*Work order*: From the entries below, copy every line that holds the word "fuel".

** Given records follows **

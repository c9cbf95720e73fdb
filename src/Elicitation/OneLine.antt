-- ===== src/Elicitation/OneLine.antt =====
-- The prompt of src/utils/destructive-elicitation.ts stays on one line, whatever the arguments hold.
use b2_mcp.Base.{
  All, All-append, All-take, Bool, Bool-cases, List, Option, [], all, arith, codes, inl, inr,
  length, ltb, ltb_iff, map, none, not, refl, some, suc, take, true, zero, ℕ, ◌%◌, ◌&&◌, ◌++◌, ◌+◌,
  ◌-◌, ◌/◌, ◌<◌, ◌==◌, ◌||◌, ◌∷◌, ◌≡◌,
}
use b2_mcp.Csv.{Units, is_nil, is_white_space, trim, trim_end, trim_start}
use b2_mcp.Elicitation.Prompt.{
  count_items, detail, drop_space, includes_units, joined, list_detail, list_items, more,
  prompt_detail, prompt_list_detail, prompt_target_detail_limit, prompt_truncation_detail,
  redaction, safe_prompt_value, sanitized, sentence, shortened, some_values, squeeze, text_of_value,
}
use b2_mcp.Toon.Columns.{decimal, decimal_digits}
use b2_mcp.Json.{Json, arr}

-- No white space but plain spaces.
abbrev pub IsPlain : ℕ → Type 0
IsPlain c = is_white_space c ≡ true → c ≡ 32

abbrev pub IsOneLine : Units → Type 0
IsOneLine s = All IsPlain s

drop_space-IsOneLine : (s : Units) → IsOneLine s → IsOneLine (drop_space s)
drop_space-IsOneLine [] h = tt
drop_space-IsOneLine (c ∷ s) (p, h) = elim (Bool-cases (c == 32)) [
  | inl space ↦ rw space h
  | inr other ↦ rw other (p, h)
]

squeeze-IsOneLine : (s : Units) → IsOneLine (squeeze s)
squeeze-IsOneLine [] = tt
squeeze-IsOneLine (c ∷ s) = elim (Bool-cases (is_white_space c)) [
  | inl white ↦ rw white (λ e. refl, drop_space-IsOneLine (squeeze s) (squeeze-IsOneLine s))
  | inr black ↦ rw black (λ e. cc, squeeze-IsOneLine s)
]

trim_start-IsOneLine : (s : Units) → IsOneLine s → IsOneLine (trim_start s)
trim_start-IsOneLine [] h = tt
trim_start-IsOneLine (c ∷ s) (p, h) = elim (Bool-cases (is_white_space c)) [
  | inl white ↦ rw white (trim_start-IsOneLine s h)
  | inr black ↦ rw black (p, h)
]

trim_end-IsOneLine : (s : Units) → IsOneLine s → IsOneLine (trim_end s)
trim_end-IsOneLine [] h = tt
trim_end-IsOneLine (c ∷ s) (p, h) = elim (Bool-cases (is_nil (trim_end s) && is_white_space c)) [
  | inl ended ↦ rw ended tt
  | inr goes_on ↦ rw goes_on (p, trim_end-IsOneLine s h)
]

trim-IsOneLine : (s : Units) → IsOneLine s → IsOneLine (trim s)
trim-IsOneLine s h = trim_end-IsOneLine (trim_start s) (trim_start-IsOneLine s h)

-- To settle a literal by computation.
abbrev pub plain_units : Units → Bool
plain_units s = all (λ c. not (is_white_space c) || (c == 32)) s

pub plain : (s : Units) → plain_units s ≡ true → IsOneLine s
plain [] h = tt
plain (c ∷ s) h = (λ white. ground (arith, h, white), plain s (ground (arith, h)))

pub append-IsOneLine : (s t : Units) → IsOneLine s → IsOneLine t → IsOneLine (s ++ t)
append-IsOneLine s t h k = All-append IsPlain s t h k

digit-IsPlain : (d : ℕ) → d < 10 → IsPlain (48 + d)
digit-IsPlain d small white = ground (arith, white)

decimal_digits-IsOneLine : (fuel n : ℕ) → IsOneLine (decimal_digits fuel n)
decimal_digits-IsOneLine zero n = tt
decimal_digits-IsOneLine (suc fuel) n = elim (Bool-cases (ltb n 10)) [
  | inl small ↦ rw small (digit-IsPlain n ((ltb_iff n 10).0 small), tt)
  | inr large ↦ rw large (
      append-IsOneLine (decimal_digits fuel (n / 10)) _ (decimal_digits-IsOneLine fuel (n / 10))
        (digit-IsPlain (n % 10) (omega arith), tt))
]

pub decimal-IsOneLine : (n : ℕ) → IsOneLine (decimal n)
decimal-IsOneLine n = decimal_digits-IsOneLine (suc n) n

pub joined-IsOneLine :
    (sep : Units) (us : List Units) → IsOneLine sep → All IsOneLine us → IsOneLine (joined sep us)
joined-IsOneLine sep [] h k = tt
joined-IsOneLine sep (a ∷ []) h (p, k) = p
joined-IsOneLine sep (a ∷ b ∷ rest) h (p, k) =
    append-IsOneLine (a ++ sep) _ (append-IsOneLine a sep p h) (joined-IsOneLine sep (b ∷ rest) h k)

-- What may be shown of a value.
abbrev pub Shows : (Units → Type 0) → Option Units → Type 0
Shows P none = Unit
Shows P (some u) = P u

shortened-IsOneLine : (s : Units) → IsOneLine s → Shows IsOneLine (shortened s)
shortened-IsOneLine s h = elim (Bool-cases (is_nil s)) [
  | inl empty ↦ rw empty tt
  | inr filled ↦ rw filled (elim (Bool-cases (includes_units redaction s)) [
    | inl secret ↦ rw secret (plain redaction refl)
    | inr public ↦ rw public (elim (Bool-cases (ltb 120 (length s))) [
      | inl long ↦ rw long (
          append-IsOneLine (take 117 s) (codes "...") (All-take IsPlain 117 s h)
            (plain (codes "...") refl))
      | inr short ↦ rw short h
    ])
  ])
]

sentence-IsOneLine :
    (label text : Units) → IsOneLine label → IsOneLine text → IsOneLine (sentence label text)
sentence-IsOneLine label text h k =
    append-IsOneLine (label ++ codes ": " ++ text) (codes ".")
      (append-IsOneLine (label ++ codes ": ") text
        (append-IsOneLine label (codes ": ") h (plain (codes ": ") refl)) k)
      (plain (codes ".") refl)

some_values-IsOneLine :
    (os : List (Option Units)) → All (Shows IsOneLine) os → All IsOneLine (some_values os)
some_values-IsOneLine [] h = tt
some_values-IsOneLine (none ∷ os) (p, h) = some_values-IsOneLine os h
some_values-IsOneLine (some u ∷ os) (p, h) = (p, some_values-IsOneLine os h)

pub truncation-IsOneLine :
    (label : Units) (count : ℕ)
    → IsOneLine label
    → All IsOneLine (prompt_truncation_detail label count)
unfolding prompt_truncation_detail
truncation-IsOneLine label count h = elim (Bool-cases (ltb prompt_target_detail_limit count)) [
  | inl long ↦ rw long (
    sentence-IsOneLine (codes "Additional " ++ label) (decimal (count - prompt_target_detail_limit))
        (append-IsOneLine (codes "Additional ") label (plain (codes "Additional ") refl) h)
        (decimal-IsOneLine (count - prompt_target_detail_limit)),
    tt,
  )
  | inr short ↦ rw short tt
]

module _ (sanitize : Units → Units) where
  pub safe_prompt_value-IsOneLine : (v : Json) → Shows IsOneLine (safe_prompt_value sanitize v)
  unfolding safe_prompt_value
  safe_prompt_value-IsOneLine v = by_text (text_of_value v)
    where
      by_text : (o : Option Units) → Shows IsOneLine (sanitized sanitize o)
      by_text none = tt
      by_text (some text) =
          shortened-IsOneLine (trim (squeeze (sanitize text)))
            (trim-IsOneLine (squeeze (sanitize text)) (squeeze-IsOneLine (sanitize text)))

  detail-IsOneLine :
      (label : Units) (o : Option Units)
      → IsOneLine label
      → Shows IsOneLine o
      → All IsOneLine (detail sanitize label o)
  detail-IsOneLine label none h k = tt
  detail-IsOneLine label (some u) h k = (sentence-IsOneLine label u h k, tt)

  pub prompt_detail-IsOneLine :
      (label : Units) (v : Json) → IsOneLine label → All IsOneLine (prompt_detail sanitize label v)
  unfolding prompt_detail
  prompt_detail-IsOneLine label v h =
      detail-IsOneLine label (safe_prompt_value sanitize v) h (safe_prompt_value-IsOneLine v)

  values-IsOneLine : (vs : List Json) → All (Shows IsOneLine) (map (safe_prompt_value sanitize) vs)
  values-IsOneLine [] = tt
  values-IsOneLine (v ∷ vs) = (safe_prompt_value-IsOneLine v, values-IsOneLine vs)

  more-IsOneLine : (n : ℕ) → IsOneLine (more sanitize n)
  more-IsOneLine n = elim (Bool-cases (ltb 0 n)) [
    | inl omitted ↦ rw omitted (
        append-IsOneLine (codes ", +" ++ decimal n) (codes " more")
          (append-IsOneLine (codes ", +") (decimal n) (plain (codes ", +") refl)
            (decimal-IsOneLine n))
          (plain (codes " more") refl))
    | inr complete ↦ rw complete tt
  ]

  list_detail-IsOneLine :
      (label : Units) (total : ℕ) (us : List Units)
      → IsOneLine label
      → All IsOneLine us
      → All IsOneLine (list_detail sanitize label total us)
  list_detail-IsOneLine label total [] h k = tt
  list_detail-IsOneLine label total (u ∷ us) h k = (
    sentence-IsOneLine label _ h (
        append-IsOneLine (joined (codes ", ") (u ∷ us)) _
          (joined-IsOneLine (codes ", ") (u ∷ us) (plain (codes ", ") refl) k)
          (more-IsOneLine (total - length (u ∷ us)))),
    tt,
  )

  pub prompt_list_detail-IsOneLine :
      (label : Units) (v : Json)
      → IsOneLine label
      → All IsOneLine (prompt_list_detail sanitize label v)
  unfolding prompt_list_detail
  prompt_list_detail-IsOneLine label (arr xs) h =
      list_detail-IsOneLine label (count_items xs) _ h (
        some_values-IsOneLine _
          (values-IsOneLine (take prompt_target_detail_limit (list_items xs))))
  prompt_list_detail-IsOneLine label _ h = tt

** End of Given records **

*Solution to this task*:
decimal_digits-IsOneLine : (fuel n : ℕ) → IsOneLine (decimal_digits fuel n)
decimal_digits-IsOneLine (suc fuel) n = elim (Bool-cases (ltb n 10)) [
      append-IsOneLine (decimal_digits fuel (n / 10)) _ (decimal_digits-IsOneLine fuel (n / 10))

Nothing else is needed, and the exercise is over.